There has been plenty of time between then and now to prepare for this.

------
solatic
Dear author,

Do you have an unexpired warranty? A support contract guaranteeing that
certain features will continue to work for the length of the contract? If so,
please have your lawyers get in contact with our legal team.

Signed, Fake Tim Cook

P.S. Next time, either make sure your asses are covered, or use FOSS instead,
so that in the event that public maintenance is no longer provided, you still
have the option of forking the codebase and hiring an engineer to do whatever
maintenance you need, as opposed to using our closed, proprietary product,
where you are now SOL.

------
PeterStuer
First of all, let me tell you that I feel your pain.
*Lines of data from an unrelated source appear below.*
-- ===== src/Bridge/Soundness.antt =====
-- The tables of contacts and of the history under all the methods of the bridge that change them.
use radix_relay.Prelude.{
  ℕ, ◌<◌, ◌^◌, Bool, true, false, Option, none, some, List, [], ◌∷◌, String, ◌==◌, string_eq, Eq,
  if◌then◌else◌,
}
use radix_relay.Exec.{Exec, Outcome, ok, err, panic, continue, lift, reads, ◌>>=◌}
use radix_relay.NostrIdentity.{IdentityApi}
use radix_relay.StorageTrait.{StorageContainer}
use radix_relay.StorageTrait.Peers.{SessionOps}
use radix_relay.History.{store_incoming_message, store_outgoing_message}
use radix_relay.Contacts as Contacts
use radix_relay.Contacts.Soundness.{
  IsSound, add_contact_from_identity_key-IsSound, add_contact_from_bundle-IsSound,
  store_incoming-IsSound, store_outgoing-IsSound,
}
use radix_relay.Bridge.Sessions.{first_device}
use radix_relay.Bridge.Bundles.{BundleApi, or_protocol, establish_session}
use radix_relay.Bridge.Peering.{
  identity_bytes, or_invalid_input, or_storage, add_contact_and_establish_session,
}
use radix_relay.Bridge.Messages.{
  SignalBridge, CipherApi, on_storage, on_database, or_warn, contact_of, contact_found,
  fingerprint_or, has_session, encrypt_message, record_incoming, add_unless, decrypt_first,
  decrypt_next, decrypt_parsed, decrypt_message,
}

module _ {C : StorageContainer} where
  -- Whatever the result, sound tables stay sound.
  abbrev pub Keeps : {A : Type 0} → Exec (SignalBridge C) A → Type 0
  Keeps m = (s : SignalBridge C) → IsSound s.database → IsSound (m s).1.database

  continue-Keeps :
      {A B : Type 0} (r : Outcome A) (f : A → Exec (SignalBridge C) B) (s : SignalBridge C)
      → ((a : A) → Keeps (f a))
      → IsSound s.database
      → IsSound (continue r f s).1.database
  continue-Keeps (ok a) f s kf v = kf a s v
  continue-Keeps (err e) f s kf v = v
  continue-Keeps panic f s kf v = v

  if-Keeps :
      {A : Type 0} (b : Bool) (m n : Exec (SignalBridge C) A)
      → Keeps m
      → Keeps n
      → Keeps (if b then m else n)
  if-Keeps true m n km kn = km
  if-Keeps false m n km kn = kn

  pub bind-Keeps :
      {A B : Type 0} (m : Exec (SignalBridge C) A) (f : A → Exec (SignalBridge C) B)
      → Keeps m
      → ((a : A) → Keeps (f a))
      → Keeps (m >>= f)
  bind-Keeps m f km kf s v = let (r, t) = m s in continue-Keeps r f t kf (km s v)

module _ {C : StorageContainer} (I : IdentityApi) (S : SessionOps C.Sessions)
    (E : CipherApi C I) where
  has_session-Keeps : (session : Option S.SessionRecord) → Keeps (has_session I S E session)
  has_session-Keeps none s v = v
  has_session-Keeps (some session) s v = v

  pub encrypt_message-Keeps :
      (peer : String) (plaintext : List ℕ) (timestamp : ℕ)
      → timestamp < 2 ^ 64
      → Keeps (encrypt_message I S E peer plaintext timestamp)
  unfolding encrypt_message
  encrypt_message-Keeps peer plaintext ts fits =
      if-Keeps (peer == "") _ _ (λ s v. v)
        (bind-Keeps (reads (λ s. fingerprint_or (contact_of I S E s peer) peer)) _ (λ s v. v)
          (λ fp.
            bind-Keeps (reads (λ s. S.load_session s.storage.session_store (first_device fp))) _
              (λ s v. v)
              (λ session. bind-Keeps (has_session I S E session) _ (has_session-Keeps session) (λ _.
                bind-Keeps (on_storage (E.encrypt (first_device fp) plaintext)) _ (λ s v. v)
                  (λ c.
                    bind-Keeps (on_database (or_warn (store_outgoing_message fp ts plaintext))) _
                      (λ s v. store_outgoing-IsSound fp ts plaintext s.database fits v)
                      (λ _ s v. v))))))

  record_incoming-Keeps :
      (fp : String) (consumed : Bool) (plaintext : List ℕ) (timestamp : ℕ)
      → timestamp < 2 ^ 64
      → Keeps (record_incoming I S E fp consumed plaintext timestamp)
  record_incoming-Keeps fp k plaintext ts fits =
      bind-Keeps (on_database (or_warn (store_incoming_message fp ts plaintext k k))) _
        (λ s v. store_incoming-IsSound fp ts plaintext k k s.database fits v) (λ _ s v. v)

  add_unless-Keeps :
      (known : Bool) (now : ℕ) (k : I.IdentityKey) → Keeps (add_unless I S E known now k)
  add_unless-Keeps true now k = λ s v. v
  add_unless-Keeps false now k =
      bind-Keeps (on_database (Contacts.add_contact_from_identity_key I now k)) _
        (λ s v. add_contact_from_identity_key-IsSound I now k s.database v) (λ _ s v. v)

  decrypt_first-Keeps :
      (message : E.PreKeySignalMessage) (timestamp now : ℕ)
      → timestamp < 2 ^ 64
      → Keeps (decrypt_first I S E message timestamp now)
  unfolding decrypt_first
  decrypt_first-Keeps m ts now fits =
      let fp = Contacts.generate_identity_fingerprint_from_key I (E.identity_key m) in
      bind-Keeps (reads (λ s. contact_found (contact_of I S E s fp))) _ (λ s v. v)
        (λ known.
          bind-Keeps (add_unless I S E known now (E.identity_key m)) _
            (add_unless-Keeps known now (E.identity_key m))
            (λ _.
              bind-Keeps (on_storage (E.decrypt_pre_key (first_device fp) m)) _ (λ s v. v)
                (λ plaintext. record_incoming-Keeps fp _ plaintext ts fits)))

  decrypt_next-Keeps :
      (peer_hint : String) (message : E.SignalMessage) (timestamp : ℕ)
      → timestamp < 2 ^ 64
      → Keeps (decrypt_next I S E peer_hint message timestamp)
  decrypt_next-Keeps hint m ts fits =
      bind-Keeps (reads (λ s. contact_of I S E s hint)) _ (λ s v. v)
        (λ contact.
          bind-Keeps (on_storage (E.decrypt_signal (first_device contact.rdx_fingerprint) m)) _
            (λ s v. v)
            (λ plaintext. record_incoming-Keeps contact.rdx_fingerprint false plaintext ts fits))

  decrypt_parsed-Keeps :
      (first : Option E.PreKeySignalMessage) (next : Option E.SignalMessage) (peer_hint : String)
      (timestamp now : ℕ)
      → timestamp < 2 ^ 64
      → Keeps (decrypt_parsed I S E first next peer_hint timestamp now)
  unfolding decrypt_parsed
  decrypt_parsed-Keeps (some m) next hint ts now fits = decrypt_first-Keeps m ts now fits
  decrypt_parsed-Keeps none none hint ts now fits = λ s v. v
  decrypt_parsed-Keeps none (some m) hint ts now fits =
      if-Keeps (hint == "") _ _ (λ s v. v) (decrypt_next-Keeps hint m ts fits)

  pub decrypt_message-Keeps :
      (peer_hint : String) (bytes : List ℕ) (timestamp now : ℕ)
      → timestamp < 2 ^ 64
      → Keeps (decrypt_message I S E peer_hint bytes timestamp now)
  unfolding decrypt_message
  decrypt_message-Keeps hint [] ts now fits = λ s v. v
  decrypt_message-Keeps hint (b ∷ bytes) ts now fits =
      decrypt_parsed-Keeps (E.parse_pre_key (b ∷ bytes)) (E.parse_signal (b ∷ bytes)) hint ts now
        fits

module _ {C : StorageContainer} (I : IdentityApi) (P : BundleApi C) where
  pub add_bundle-Keeps :
      (bytes : List ℕ) (user_alias : Option String) (now : ℕ)
      → Keeps {C = C} (
          on_database (
            Contacts.add_contact_from_bundle I
              (λ b. identity_bytes (P.from_bytes b))
              now
              bytes
              user_alias))
  add_bundle-Keeps bytes user_alias now s v =
      add_contact_from_bundle-IsSound I (λ b. identity_bytes (P.from_bytes b)) now bytes user_alias
        s.database v

  pub add_contact_and_establish_session-Keeps :
      (get_own_key : C.Identities → Outcome I.IdentityKey) ⦃e : Eq I.IdentityKey⦄ (bytes : List ℕ)
      (user_alias : Option String) (now : ℕ)
      → Keeps (add_contact_and_establish_session I P get_own_key bytes user_alias now)
  unfolding add_contact_and_establish_session
  add_contact_and_establish_session-Keeps get_own_key bytes user_alias now =
      bind-Keeps (lift (or_invalid_input (P.from_bytes bytes))) _ (λ s v. v)
        (λ bundle.
          bind-Keeps (lift (or_protocol (I.decode bundle.identity_key))) _ (λ s v. v)
            (λ key.
              bind-Keeps (reads (λ s. or_storage (get_own_key s.storage.identity_store))) _
                (λ s v. v)
                (λ own.
                  if-Keeps (key == own) _ _ (λ s v. v)
                    (bind-Keeps
                      (on_database (
                        Contacts.add_contact_from_bundle I (λ b. identity_bytes (P.from_bytes b))
                          now bytes user_alias))
                      _ (add_bundle-Keeps bytes user_alias now)
                      (λ rdx.
                        bind-Keeps (on_storage (establish_session P rdx bytes)) _ (λ s v. v)
                          (λ _ s v. v))))))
Having something that
behind the curtains 'just worked' in your toolbox stop working and being
forced to spend time on it while you could be doing productive work just
sucks.

We all do it. We tend to focus on the troublemakers, dousing their frequent
little fires, and just forget the 'good' guys that are chugging along day
after day without a hitch. Is this the hardware equivalent of 'technical
debt'?

That lovely machine of yours is 10 years old. In our industry that does most
definitely make it qualify as an antique (unfortunately not with the 'antique'
valuations, going by the ~400$ these go for on eBay). Over those ten years,
you've gotten good mileage out of it, but it looks like those maintenance free
years are now taking their toll. Time to bite the bullet and find a new
solution. even if they would revert on AFP, it would just be a temporary stay
of execution. And I wouldn't look at Apple for this tbh. Servers and
workstations have long Ceased to be 'mainstream' products for them.

------
wazoox
Apple doesn't take the professionals seriously. Yes, they supposedly shifted
from AFP to SMB in 2013 but ever since, SMB performance of Mac OS hovered
between laughable and abysmal. And it's not so much the SMB server, but the
SMB client implementation that sucks.

On gigabit ethernet, AFP as well as NFS on Mac reach easily 100 MB/s, while
SMB hardly passes 50 MB/s. On 10GigE it's even worse: AFP, 1GB/s, SMB 150
MB/s. Testing on a Hackintosh, the same hardware that hardly passes 150 MB/s
in SMB reaches 900 MB/s running Windows 10.

SMB on MacOS is a bad joke for everyone needing to move big amounts of data.
NFS works OK, but alas, the Finder has (many) bugs and some things don't work
well (refreshing, icons, etc). AFP is still by far the best solution.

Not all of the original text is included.